=== Supplied data ===

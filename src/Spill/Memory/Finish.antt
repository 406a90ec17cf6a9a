-- ===== src/Spill/Memory/Finish.antt =====
-- `finish`: the buffers that are left are cut, and a run of the sink from its creation.
use mathlib.Core.List.{Perm, append-nil}
use mathlib.Core.List.Perm
use forge_ann.Prelude.{
  ℕ, ◌^◌, ◌<◌, ◌≡◌, ◌≢◌, refl, ap, ◌∙◌, sym, subst, true, ◌==◌, Bool-cases, Option-cases, inl, inr,
  none, some, List, [], ◌∷◌, ◌++◌, map, length, All, AreDistinct, arith, max, contains, Within,
  Within-refl, ◌⊎◌,
}
use forge_ann.Prelude.Results.{Result, ok, ◌>>=◌}
use forge_ann.Spill.{PendingEdge, SpillRecord, SpillError}
use forge_ann.Spill.Memory.{
  Buffers, InMemorySpillEdgeSink, buffer_of, take_buffer, flush_memory_shard_buffer_to_segment,
  create_sharded, flush_pending_edges, flush_shards, shard_ids,
  flush_all_memory_buffers_to_segments, finish,
}
use forge_ann.Spill.Memory.Contents.{record_of, buffered, spilled, contents, IsSegment, IsSink}
use forge_ann.Spill.Memory.Whole.{Keeps, flush_lem, regroup, flush_pending_edges_lem}

-- A buffer that is still to be visited, or is empty.
abbrev Left : List ℕ → ℕ × List SpillRecord → Type 0
Left shards b = (contains b.0 shards ≡ true) ⊎ (b.1 ≡ [])

take_buffer-none :
    (shard : ℕ) (buffers : Buffers)
    → buffer_of shard buffers ≡ none
    → take_buffer shard buffers ≡ buffers
unfolding take_buffer buffer_of
take_buffer-none shard [] e = refl
take_buffer-none shard ((t, b) ∷ buffers) e = elim (Bool-cases (t == shard)) [
  | inl same ↦ absurd (ground arith)
  | inr other ↦
      let e' : buffer_of shard buffers ≡ none = ground arith in
      rw other (ap (λ l. (t, b) ∷ l) (take_buffer-none shard buffers e'))
]

take_buffer-empty :
    (shard : ℕ) (buffers : Buffers)
    → buffer_of shard buffers ≡ some []
    → take_buffer shard buffers ≡ buffers
unfolding take_buffer buffer_of
take_buffer-empty shard [] e = refl
take_buffer-empty shard ((t, b) ∷ buffers) e = elim (Bool-cases (t == shard)) [
  | inl same ↦ let r : b ≡ [] = ground arith in rw (same, r) refl
  | inr other ↦
      let e' : buffer_of shard buffers ≡ some [] = ground arith in
      rw other (ap (λ l. (t, b) ∷ l) (take_buffer-empty shard buffers e'))
]

length_zero : (xs : List SpillRecord) → (length xs == 0) ≡ true → xs ≡ []
length_zero [] e = refl
length_zero (x ∷ xs) e = absurd (ground arith)

flush-take_buffer :
    (s : InMemorySpillEdgeSink) (shard : ℕ)
    → (flush_memory_shard_buffer_to_segment s shard).buffers_by_shard
      ≡ take_buffer shard s.buffers_by_shard
unfolding flush_memory_shard_buffer_to_segment
flush-take_buffer s shard = elim (Option-cases (buffer_of shard s.buffers_by_shard)) [
  | inl gone ↦
      rw (flush_memory_shard_buffer_to_segment, gone)
        (sym (take_buffer-none shard s.buffers_by_shard gone))
  | inr (buffer, e) ↦ elim (Bool-cases (length buffer == 0)) [
    | inl empty ↦
        let e' = e ∙ ap some (length_zero buffer empty) in
        rw (flush_memory_shard_buffer_to_segment, e, empty)
          (sym (take_buffer-empty shard s.buffers_by_shard e'))
    | inr full ↦ rw (flush_memory_shard_buffer_to_segment, e, full) refl
  ]
]

visited :
    (shard : ℕ) (shards : List ℕ) (buffers : Buffers)
    → All (λ t. t ≢ shard) (shard_ids buffers)
    → All (Left (shard ∷ shards)) buffers
    → All (Left shards) buffers
visited shard shards [] d a = tt
visited shard shards ((t, b) ∷ buffers) (n, d) (p, a) = (
  elim p [ inl here ↦ inl (ground arith) | inr empty ↦ inr empty ],
  visited shard shards buffers d a,
)

take_buffer-visits :
    (shard : ℕ) (shards : List ℕ) (buffers : Buffers)
    → AreDistinct (shard_ids buffers)
    → All (Left (shard ∷ shards)) buffers
    → All (Left shards) (take_buffer shard buffers)
unfolding take_buffer
take_buffer-visits shard shards [] d a = tt
take_buffer-visits shard shards ((t, b) ∷ buffers) (n, d) (p, a) = elim (Bool-cases (t == shard)) [
  | inl same ↦
      let q : t ≡ shard = ground arith in
      rw same (
        inr refl,
        visited shard shards buffers (subst (λ s. All (λ u. u ≢ s) (shard_ids buffers)) q n) a,
      )
  | inr other ↦
      let here : Left shards (t, b) = elim p [
        | inl later ↦ inl (ground arith)
        | inr empty ↦ inr empty
      ] in
      rw other (here, take_buffer-visits shard shards buffers d a)
]

buffered-of_Left : (buffers : Buffers) → All (Left []) buffers → buffered buffers ≡ []
buffered-of_Left [] a = refl
buffered-of_Left ((t, b) ∷ buffers) (inl p, a) = cc
buffered-of_Left ((t, b) ∷ buffers) (inr e, a) = rw e (buffered-of_Left buffers a)

flush_shards_lem :
    (s : InMemorySpillEdgeSink) (shards : List ℕ)
    → IsSink s
    → All (Left shards) s.buffers_by_shard
    → Keeps s (flush_shards s shards) × (buffered (flush_shards s shards).buffers_by_shard ≡ [])
unfolding flush_shards
flush_shards_lem s [] v a = (
  record { sink = v; points = refl; held = Perm.refl (contents s) },
  buffered-of_Left s.buffers_by_shard a,
)
flush_shards_lem s (shard ∷ shards) v a =
    let next = flush_memory_shard_buffer_to_segment s shard in
    let one = flush_lem s shard v in
    let left = take_buffer-visits shard shards s.buffers_by_shard v.distinct a in
    let (more, e) =
      flush_shards_lem next shards one.sink
        (subst (All (Left shards)) (sym (flush-take_buffer s shard)) left) in
    (
      record {
        sink = more.sink;
        points = more.points ∙ one.points;
        held = Perm.trans more.held one.held;
      },
      e,
    )

Left-shard_ids :
    (shards : List ℕ) (buffers : Buffers)
    → Within shards (shard_ids buffers)
    → All (Left shards) buffers
Left-shard_ids shards [] w = tt
Left-shard_ids shards ((t, b) ∷ buffers) (p, w) = (inl p, Left-shard_ids shards buffers w)

-- After `finish` every record is in a segment.
pub finish_lem :
    (s : InMemorySpillEdgeSink)
    → IsSink s
    → All (IsSegment s.shard_points) (finish s).segments
      × Perm (spilled (finish s).segments) (contents s)
unfolding finish flush_all_memory_buffers_to_segments
finish_lem s v =
    let ids = shard_ids s.buffers_by_shard in
    let (k, e) =
      flush_shards_lem s ids v (Left-shard_ids ids s.buffers_by_shard (Within-refl ids)) in
    (
      subst (λ p. All (IsSegment p) (flush_shards s ids).segments) k.points k.sink.cut,
      subst (λ l. Perm (l ++ spilled (flush_shards s ids).segments) (contents s)) e k.held,
    )

-- Batches of edges, in the order in which they reach the sink.
pub flush_batches :
    InMemorySpillEdgeSink → List (List PendingEdge) → Result SpillError InMemorySpillEdgeSink
flush_batches s [] = ok s
flush_batches s (edges ∷ batches) = flush_pending_edges s edges >>= λ s'. flush_batches s' batches

abbrev pub batch_records : List (List PendingEdge) → List SpillRecord
batch_records [] = []
batch_records (edges ∷ batches) = map record_of edges ++ batch_records batches

abbrev pub AreSmall : List (List PendingEdge) → Type 0
AreSmall batches = All (All (λ e. e.p < 2 ^ 32)) batches

flush_batches_lem :
    (s : InMemorySpillEdgeSink) (batches : List (List PendingEdge))
    → IsSink s
    → AreSmall batches
    → (s' : InMemorySpillEdgeSink) × (flush_batches s batches ≡ ok s')
      × IsSink s'
      × (s'.shard_points ≡ s.shard_points)
      × Perm (contents s') (batch_records batches ++ contents s)
unfolding flush_batches
flush_batches_lem s [] v a = (s, refl, v, refl, Perm.refl (contents s))
flush_batches_lem s (edges ∷ batches) v (p, a) =
    let (m, e, g) = flush_pending_edges_lem s edges v p in
    let (s', f, w, q, r) = flush_batches_lem m batches g.sink a in
    (
      s',
      rw e f,
      w,
      q ∙ g.points,
      regroup (map record_of edges) (batch_records batches) (contents s) (contents m) (contents s')
          g.held r,
    )

-- Batches of edges with 32-bit sources, sent to a new sink, are all accepted; the segments at `finish`
-- hold a permutation of their records, each segment is of one shard and holds something, and states the
-- least and the greatest of its sources.
pub flush_batches-finish :
    (spill_cache_bytes shard_points : ℕ) (batches : List (List PendingEdge))
    → AreSmall batches
    → (s : InMemorySpillEdgeSink) × (flush_batches
          (create_sharded spill_cache_bytes shard_points)
          batches
        ≡ ok s)
      × ((finish s).shard_points ≡ max shard_points 1)
      × All (IsSegment (max shard_points 1)) (finish s).segments
      × Perm (spilled (finish s).segments) (batch_records batches)
unfolding create_sharded finish
flush_batches-finish spill_cache_bytes shard_points batches small =
    let s0 = create_sharded spill_cache_bytes shard_points in
    let v : IsSink s0 = record { positive = omega arith; buffers = tt; distinct = tt; cut = tt } in
    let (s, e, w, q, p) = flush_batches_lem s0 batches v small in
    let (segments, r) = finish_lem s w in
    (
      s,
      e,
      q,
      subst (λ n. All (IsSegment n) (finish s).segments) q segments,
      subst (λ l. Perm (spilled (finish s).segments) l) (append-nil (batch_records batches))
          (Perm.trans r p),
    )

===

■ Exercise goal
Pick out each line above that includes "elim" and show it.

■ Written response
take_buffer-none shard ((t, b) ∷ buffers) e = elim (Bool-cases (t == shard)) [
take_buffer-empty shard ((t, b) ∷ buffers) e = elim (Bool-cases (t == shard)) [
flush-take_buffer s shard = elim (Option-cases (buffer_of shard s.buffers_by_shard)) [
  | inr (buffer, e) ↦ elim (Bool-cases (length buffer == 0)) [
  elim p [ inl here ↦ inl (ground arith) | inr empty ↦ inr empty ],
take_buffer-visits shard shards ((t, b) ∷ buffers) (n, d) (p, a) = elim (Bool-cases (t == shard)) [
      let here : Left shards (t, b) = elim p [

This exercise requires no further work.